[ENTRIES SUPPLIED — start]
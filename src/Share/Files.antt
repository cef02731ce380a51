-- ===== src/Share/Files.antt =====
-- `share_tfiles_to_peer`: one peer is sent several definitions.
use mathlib.Core.List.{append_assoc, append-nil}
use grintorrent.Base.{
  ℕ, ◌+◌, ◌≡◌, refl, ◌∙◌, ap, true, false, List, [], ◌∷◌, ◌++◌, arith, take-length, Run, ok,
}
use grintorrent.Base.Int.{ℤ, pos}
use grintorrent.Tfile.{TfileDef}
use grintorrent.Message.{Kernel, info_size, encode_info}
use grintorrent.Message.Send.{Progresses, send_message-Progresses}
use grintorrent.Peers.{Peers}
use grintorrent.Share.{Sent, tfile_info, share_files, share_tfiles_to_peer}
use grintorrent.Share.Wire.{def_size, encode_def, IsDef, length-encode_def}

-- Definitions as C holds them.
unfoldable pub AreDefs : List TfileDef → Type 0
AreDefs [] = Unit
AreDefs (t ∷ ts) = IsDef t × AreDefs ts

module _ (padding : List ℕ) where
  -- The messages with definitions, to one socket.
  unfoldable pub defs_to : ℤ → List TfileDef → Sent
  defs_to fd [] = []
  defs_to fd (t ∷ ts) = (fd, encode_info padding tfile_info ++ encode_def t) ∷ defs_to fd ts

  share_files-Progresses :
      (write : ℕ → Kernel) (peers : Peers) (peer : ℤ)
      → ((i : ℕ) → Progresses (write i))
      → ((i : ℕ) → write i 0 info_size ≡ pos info_size)
      → (ts : List TfileDef) (i : ℕ) (sent : Sent) → AreDefs ts
      → share_files write padding peers peer i ts sent ≡ ok (peers, sent ++ defs_to peer ts)
  unfolding share_files AreDefs defs_to
  share_files-Progresses write peers peer up header [] i sent defs = rw (append-nil sent) refl
  share_files-Progresses write peers peer up header (t ∷ ts) i sent (def, defs) =
      let long = length-encode_def t def in
      let out = encode_info padding tfile_info ++ encode_def t in
      let run =
        send_message-Progresses (write i) padding (encode_def t) tfile_info (up i) (header i)
          (omega (arith, long)) in
      rw (run, take-length def_size (encode_def t) (omega (arith, long)))
        (share_files-Progresses write peers peer up header ts (i + 1) (sent ++ (peer, out) ∷ [])
            defs
          ∙ ap (λ (all : Sent). let r : Run (Peers × Sent) = ok (peers, all) in r)
              (append_assoc sent ((peer, out) ∷ []) (defs_to peer ts)))

  pub share_tfiles_to_peer-Progresses :
      (write : ℕ → Kernel) (peers : Peers) (peer : ℤ) (ts : List TfileDef)
      → peers.locked ≡ false
      → ((i : ℕ) → Progresses (write i))
      → ((i : ℕ) → write i 0 info_size ≡ pos info_size)
      → AreDefs ts
      → share_tfiles_to_peer write padding peers ts peer
        ≡ ok (record peers { locked = false }, defs_to peer ts)
  unfolding share_tfiles_to_peer
  share_tfiles_to_peer-Progresses write peers peer ts free up header defs =
      rw
        (
          free,
          share_files-Progresses write (record peers { locked = true }) peer up header ts 0 [] defs,
        )
        refl
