-- ===== src/Network/Joins.antt =====
-- What a node has after it joined: the definitions that `share_tfiles_to_peer` of src/client.c sends,
-- read by `readWorker` at the other end.
use mathlib.Core.List.{Memᴰ, append_assoc}
use mathlib.Core.List.Memᴰ
use grintorrent.Base.{
  ℕ, inl, inr, ◌≡◌, ◌≢◌, refl, ◌∙◌, ap, false, Option, none, some, List, [], ◌∷◌, ◌++◌, length,
  arith, drop, ok,
}
use grintorrent.Base.Int.{ℤ, pos}
use grintorrent.System.{Md5}
use grintorrent.Tfile.{TfileDef, zero_digest}
use grintorrent.Htable.{Htable, write_def, search_htable, add_htable}
use grintorrent.Htable.Insert.{add_htable_inserts, add_htable-key}
use grintorrent.Htable.Search.{search_htable-key}
use grintorrent.Message.{encode_info, Kernel, info_size}
use grintorrent.Message.Send.{Progresses}
use grintorrent.Peers.{Peers}
use grintorrent.Peers.Add as Add
use grintorrent.Share.{Sent, tfile_info, share_tfiles_to_peer}
use grintorrent.Share.Laws.{others, to_each}
use grintorrent.Share.Wire.{encode_def, def_size, IsDef}
use grintorrent.Share.Files.{AreDefs, defs_to, share_tfiles_to_peer-Progresses}
use grintorrent.Worker.Read.{ClientServer, Round, State, goes_on, read_rounds}
use grintorrent.Worker.Read.Laws.{read_round_forwards}
use grintorrent.Network.{Works}
use grintorrent.Network.Members.{Has, Lacks, Has-Lacks, Has-write_def}

-- What goes over the connection, one message behind the other
unfoldable pub joined : Sent → List ℕ
joined [] = []
joined ((fd, bytes) ∷ sent) = bytes ++ joined sent

-- What a table becomes when definitions with digests that are not zero are added, each of which it
-- has already or takes in.
pub data Takes : List TfileDef → Htable → Htable → Type 0 where
  done : {ht : Htable} → Takes [] ht ht
  had :
      {t : TfileDef} {ts : List TfileDef} {ht ht' : Htable}
      → t.f_hash ≢ zero_digest
      → Has t ht
      → Takes ts ht ht'
      → Takes (t ∷ ts) ht ht'
  took :
      {t : TfileDef} {ts : List TfileDef} {ht ht' : Htable}
      → t.f_hash ≢ zero_digest
      → (l : Lacks t ht) → Takes ts (write_def ht l.slot t) ht'
      → Takes (t ∷ ts) ht ht'

Has-Takes :
    (u : TfileDef) {ts : List TfileDef} {ht ht' : Htable}
    → Takes ts ht ht'
    → u.f_hash ≢ zero_digest
    → Has u ht
    → Has u ht'
Has-Takes u done nz has = has
Has-Takes u (had nz' h more) nz has = Has-Takes u more nz has
Has-Takes u (took {t} {ts} {ht} nz' l more) nz has =
    Has-Takes u more nz (Has-write_def t u ht l nz' nz has)

found_there :
    (u t : TfileDef)
    → u ≡ t
    → (ht : Htable) → t.f_hash ≢ zero_digest
    → Has t ht
    → (i : ℕ) × (search_htable ht u.f_hash ≡ ok (some i))
found_there u t e ht nz has = (
  has.slot,
  ap (λ (d : TfileDef). search_htable ht d.f_hash) e
      ∙ search_htable-key has.valid t.f_hash has.slot nz has.found,
)

-- Each of them is found afterwards.
search-Takes :
    (u : TfileDef) {ts : List TfileDef} {ht ht' : Htable}
    → Takes ts ht ht'
    → Memᴰ u ts
    → (i : ℕ) × (search_htable ht' u.f_hash ≡ ok (some i))
search-Takes u done mem = absurd (Memᴰ.not-nil mem)
search-Takes u (had {t} {ts} {ht} {ht'} nz h more) mem = elim (Memᴰ.cases_cons mem) [
  | inl e ↦ found_there u t e ht' nz (Has-Takes t more nz h)
  | inr later ↦ search-Takes u more later
]
search-Takes u (took {t} {ts} {ht} {ht'} nz l more) mem = elim (Memᴰ.cases_cons mem) [
  | inl e ↦ found_there u t e ht' nz (Has-Takes t more nz (Has-Lacks t ht l nz))
  | inr later ↦ search-Takes u more later
]

module _ (padding : List ℕ) where
  -- The messages, and what comes behind them
  unfoldable pub wire : List TfileDef → List ℕ → List ℕ
  wire [] rest = rest
  wire (t ∷ ts) rest = encode_info padding tfile_info ++ (encode_def t ++ wire ts rest)

  joined-defs_to :
      (fd : ℤ) (ts : List TfileDef) (rest : List ℕ)
      → joined (defs_to padding fd ts) ++ rest ≡ wire ts rest
  unfolding joined defs_to wire
  joined-defs_to fd [] rest = refl
  joined-defs_to fd (t ∷ ts) rest =
      append_assoc (encode_info padding tfile_info ++ encode_def t) (joined (defs_to padding fd ts))
        rest
      ∙ append_assoc (encode_info padding tfile_info) (encode_def t)
          (joined (defs_to padding fd ts) ++ rest)
      ∙ ap (λ (bytes : List ℕ). encode_info padding tfile_info ++ (encode_def t ++ bytes))
          (joined-defs_to fd ts rest)

-- In all rounds the system does what it should.
unfoldable pub AllWork : List Round → Type 0
AllWork [] = Unit
AllWork (r ∷ rs) = Works r × AllWork rs

module _ (m : Md5) (fd_data : ClientServer) (padding : List ℕ) (seven : length padding ≡ 7) where
  -- The state behind one of them
  abbrev added : Round → State → TfileDef → Htable → State
  added r s t next = record s {
    ht = next;
    peers = record s.peers { locked = false };
    data_read = encode_def t ++ drop def_size s.data_read;
    sent =
        s.sent
        ++ to_each (encode_info r.padding tfile_info ++ encode_def t)
            (others fd_data.server_fd (Add.fds s.peers));
  }

  added-IsValid :
      (r : Round) (s : State) (t : TfileDef) (next : Htable)
      → Add.IsValid s.peers
      → Add.IsValid (added r s t next).peers
  added-IsValid r s t next v = record {
    free = refl;
    positive = v.positive;
    allocated = v.allocated;
    used = v.used;
  }

  read_rounds_cons :
      (r : Round) (rs : List Round) (t : TfileDef) (ts : List TfileDef) (s : State) (rest : List ℕ)
      (o : Option ℕ) (next : Htable)
      → Works r
      → IsDef t
      → add_htable r.calloc r.add_fuel s.ht t ≡ ok (o, next)
      → Add.IsValid s.peers
      → read_rounds m fd_data (r ∷ rs) (record s { stream = wire padding (t ∷ ts) rest })
        ≡ read_rounds m fd_data rs (record (added r s t next) { stream = wire padding ts rest })
  unfolding wire read_rounds
  read_rounds_cons r rs t ts s rest o next works def adds peers =
      rw
        (read_round_forwards m fd_data r works.up s padding (wire padding ts rest) t o next seven
          def adds peers)
        refl

  read_rounds-Takes :
      (rs : List Round) (ts : List TfileDef) (s : State) (rest : List ℕ) (ht' : Htable)
      → Takes ts s.ht ht'
      → AreDefs ts
      → AllWork rs
      → length rs ≡ length ts
      → Add.IsValid s.peers
      → (s' : State) × (read_rounds m fd_data rs (record s { stream = wire padding ts rest })
          ≡ ok (goes_on s'))
        × (s'.ht ≡ ht')
        × (s'.stream ≡ rest)
  unfolding wire AreDefs AllWork read_rounds
  read_rounds-Takes [] [] s rest ht' done defs works many peers =
      (record s { stream = rest }, refl, refl, refl)
  read_rounds-Takes [] (t ∷ ts) s rest ht' takes defs works many peers = absurd (omega arith)
  read_rounds-Takes (r ∷ rs) [] s rest ht' takes defs works many peers = absurd (omega arith)
  read_rounds-Takes (r ∷ rs) (t ∷ ts) s rest ht' (had nz h more) (def, defs) (works, all) many
        peers =
      let adds = add_htable-key r.calloc works.fuel t h.slot h.valid h.room nz h.found in
      let (s', run, table, left) =
        read_rounds-Takes rs ts (added r s t s.ht) rest ht' more defs all (omega arith)
          (added-IsValid r s t s.ht peers) in
      (
        s',
        read_rounds_cons r rs t ts s rest none s.ht works def (rw works.runs adds) peers ∙ run,
        table,
        left,
      )
  read_rounds-Takes (r ∷ rs) (t ∷ ts) s rest ht' (took nz l more) (def, defs) (works, all) many
        peers =
      let next = write_def s.ht l.slot t in
      let adds =
        (add_htable_inserts r.calloc works.fuel t l.slot l.valid (omega (arith, l.room)) nz l.absent
          l.free).0 in
      let (s', run, table, left) =
        read_rounds-Takes rs ts (added r s t next) rest ht' more defs all (omega arith)
          (added-IsValid r s t next peers) in
      (
        s',
        read_rounds_cons r rs t ts s rest (some l.slot) next works def (rw works.runs adds) peers
            ∙ run,
        table,
        left,
      )

  -- A node that joins: when connections are up, headers go out and come whole, the definitions have
  -- fields of the C types' sizes and digests that are not zero, and the joining node's table, as it
  -- grows, is valid and has room and an empty entry for each that it does not have yet, then
  -- share_tfiles_to_peer sends messages of which the joining node's readWorker, in as many rounds
  -- as there are definitions, reads all and no byte of what comes behind them, and search_htable
  -- finds every definition that was sent in the joining node's table.
  pub share_tfiles_to_peer_arrives :
      (write : ℕ → Kernel) (sharer : Peers) (peer : ℤ) (ts : List TfileDef) (rs : List Round)
      (s : State) (rest : List ℕ) (ht' : Htable)
      → sharer.locked ≡ false
      → ((k : ℕ) → Progresses (write k))
      → ((k : ℕ) → write k 0 info_size ≡ pos info_size)
      → AreDefs ts
      → Takes ts s.ht ht'
      → AllWork rs
      → length rs ≡ length ts
      → Add.IsValid s.peers
      → (sent : Sent) × (share_tfiles_to_peer write padding sharer ts peer
          ≡ ok (record sharer { locked = false }, sent))
        × (s' : State) × (read_rounds m fd_data rs (record s { stream = joined sent ++ rest })
            ≡ ok (goes_on s'))
        × (s'.stream ≡ rest)
        × ((t : TfileDef) → Memᴰ t ts → (i : ℕ) × (search_htable s'.ht t.f_hash ≡ ok (some i)))
  share_tfiles_to_peer_arrives write sharer peer ts rs s rest ht' free up headers defs takes works
        many peers =
      let (s', run, table, left) = read_rounds-Takes rs ts s rest ht' takes defs works many peers in
      (
        defs_to padding peer ts,
        share_tfiles_to_peer-Progresses padding write sharer peer ts free up headers defs,
        s',
        ap (λ (b : List ℕ). read_rounds m fd_data rs (record s { stream = b }))
              (joined-defs_to padding peer ts rest)
            ∙ run,
        left,
        λ t mem. rw table (search-Takes t takes mem),
      )
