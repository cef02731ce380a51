-- ===== src/Network/Trees.antt =====
-- Networks in which the packets of a definition end: there are no two ways from one node to another.
use grintorrent.Base.{
  ℕ, zero, suc, ◌+◌, ◌≤◌, ◌<◌, ◌≡◌, ◌≢◌, refl, ◌⊎◌, inl, inr, List, [], ◌∷◌, ◌++◌, arith, length,
}
use grintorrent.System.{Md5}
use grintorrent.Tfile.{TfileDef, zero_digest}
use grintorrent.Share.Wire.{IsDef}
use grintorrent.Worker.Read.{Round}
use grintorrent.Network.{Packet, Network, Works, Steps, none_yet, one_more}
use grintorrent.Network.Members.{Has}
use grintorrent.Network.Deliveries.{skip, broadcast, Effect, Step-Effect}
use grintorrent.Network.Spread.{Walk, IsSpreading, Steps-IsSpreading, Steps-Walk}
use grintorrent.Network.Floods.{flood_goes_on}

module _ (weight : ℕ → ℕ → ℕ) where
  -- The weights of the edges from a node.
  unfoldable pub weigh : ℕ → List ℕ → ℕ
  weigh n [] = 0
  weigh n (k ∷ ks) = weight n k + weigh n ks

  unfoldable pub total : List Packet → ℕ
  total [] = 0
  total (p ∷ ps) = weight p.source p.target + total ps

  total-append : (ps qs : List Packet) → total (ps ++ qs) ≡ total ps + total qs
  unfolding total
  total-append [] qs = omega arith
  total-append (p ∷ ps) qs = omega (arith, total-append ps qs)

  pub total-broadcast : (n : ℕ) (bytes ks : List ℕ) → total (broadcast n bytes ks) ≡ weigh n ks
  unfolding total broadcast weigh
  total-broadcast n bytes [] = refl
  total-broadcast n bytes (k ∷ ks) = omega (arith, total-broadcast n bytes ks)

  total_cons :
      (p : Packet) (ps : List Packet) → total (p ∷ ps) ≡ weight p.source p.target + total ps
  unfolding total
  total_cons p ps = refl

  module _ (t : TfileDef) (neighbours : ℕ → List ℕ) (m : Md5) (nz : t.f_hash ≢ zero_digest)
      (def : IsDef t) (lighter : (f n : ℕ) → weigh n (skip f (neighbours n)) < weight f n) where
    Effect-total :
        {net net' : Network} → Effect t neighbours net net' → total net'.flight < total net.flight
    Effect-total effect =
        let p = effect.packet in
        let on = skip p.source (neighbours p.target) in
        rw (effect.was, effect.now)
          (omega (
            arith,
            lighter p.source p.target,
            total-append effect.before (p ∷ effect.after),
            total_cons p effect.after,
            total-append effect.before effect.after,
            total-append (effect.before ++ effect.after) (broadcast p.target effect.bytes on),
            total-broadcast p.target effect.bytes on,
          ))

    Steps-total :
        {net : Network} {c : ℕ} {net' : Network}
        → Steps m net c net'
        → IsSpreading t neighbours net
        → c + total net'.flight ≤ total net.flight
    Steps-total none_yet s = omega arith
    Steps-total (one_more steps step) s = omega (
      arith,
      Steps-total steps s,
      Effect-total (
          Step-Effect t neighbours m nz def (Steps-IsSpreading t neighbours m nz def steps s).flood
            step),
    )

    empty-or-lighter :
        (flight : List Packet) → (flight ≡ []) ⊎ ((0 < length flight) × (0 < total flight))
    empty-or-lighter [] = inl refl
    empty-or-lighter (p ∷ rest) =
        inr (omega arith, omega (arith, total_cons p rest, lighter p.source p.target))

    -- From a network that is reached, the packets can be read to the end.
    finish :
        (r : Round) (fuel : ℕ) {start : Network} {c : ℕ} (net : Network)
        → Works r
        → IsSpreading t neighbours start
        → Steps m start c net
        → total net.flight ≤ fuel
        → (c' : ℕ) × (end : Network) × Steps m start c' end × (end.flight ≡ [])
    finish r zero {start} {c} net works s steps bound = elim (empty-or-lighter net.flight) [
      | inl none ↦ (c, net, steps, none)
      | inr (some_left, positive) ↦ absurd (omega arith)
    ]
    finish r (suc fuel) {start} {c} net works s steps bound = elim (empty-or-lighter net.flight) [
      | inl none ↦ (c, net, steps, none)
      | inr (some_left, positive) ↦
          let flood = (Steps-IsSpreading t neighbours m nz def steps s).flood in
          let (net', step) = flood_goes_on t neighbours m nz def r net works flood some_left in
          finish r fuel net' works s (one_more steps step)
            (omega (arith, Effect-total (Step-Effect t neighbours m nz def flood step)))
    ]

    -- A run of at most the total weight ends.
    pub flood_completes :
        (r : Round) (start : Network) (o : ℕ)
        → Works r
        → IsSpreading t neighbours start
        → Has t (start.members o).ht
        → ((c : ℕ) (net : Network) → Steps m start c net → c ≤ total start.flight)
          × (c : ℕ) × (end : Network) × Steps m start c end
          × (end.flight ≡ [])
          × ((k : ℕ) → Walk t neighbours o k → Has t (end.members k).ht)
    flood_completes r start o works s has =
        let (c, end, steps, none) =
          finish r (total start.flight) start works s none_yet (omega arith) in
        (
          λ c' net steps'. omega (arith, Steps-total steps' s),
          c,
          end,
          steps,
          none,
          λ k walk. Steps-Walk t neighbours m nz def o k s has walk steps none,
        )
[ENTRIES SUPPLIED — finish]
> [TASK TO CARRY OUT]:
Your answer should be one number, the count of lines above that hold "true".

> [SOLUTION TO THIS EXERCISE]:
2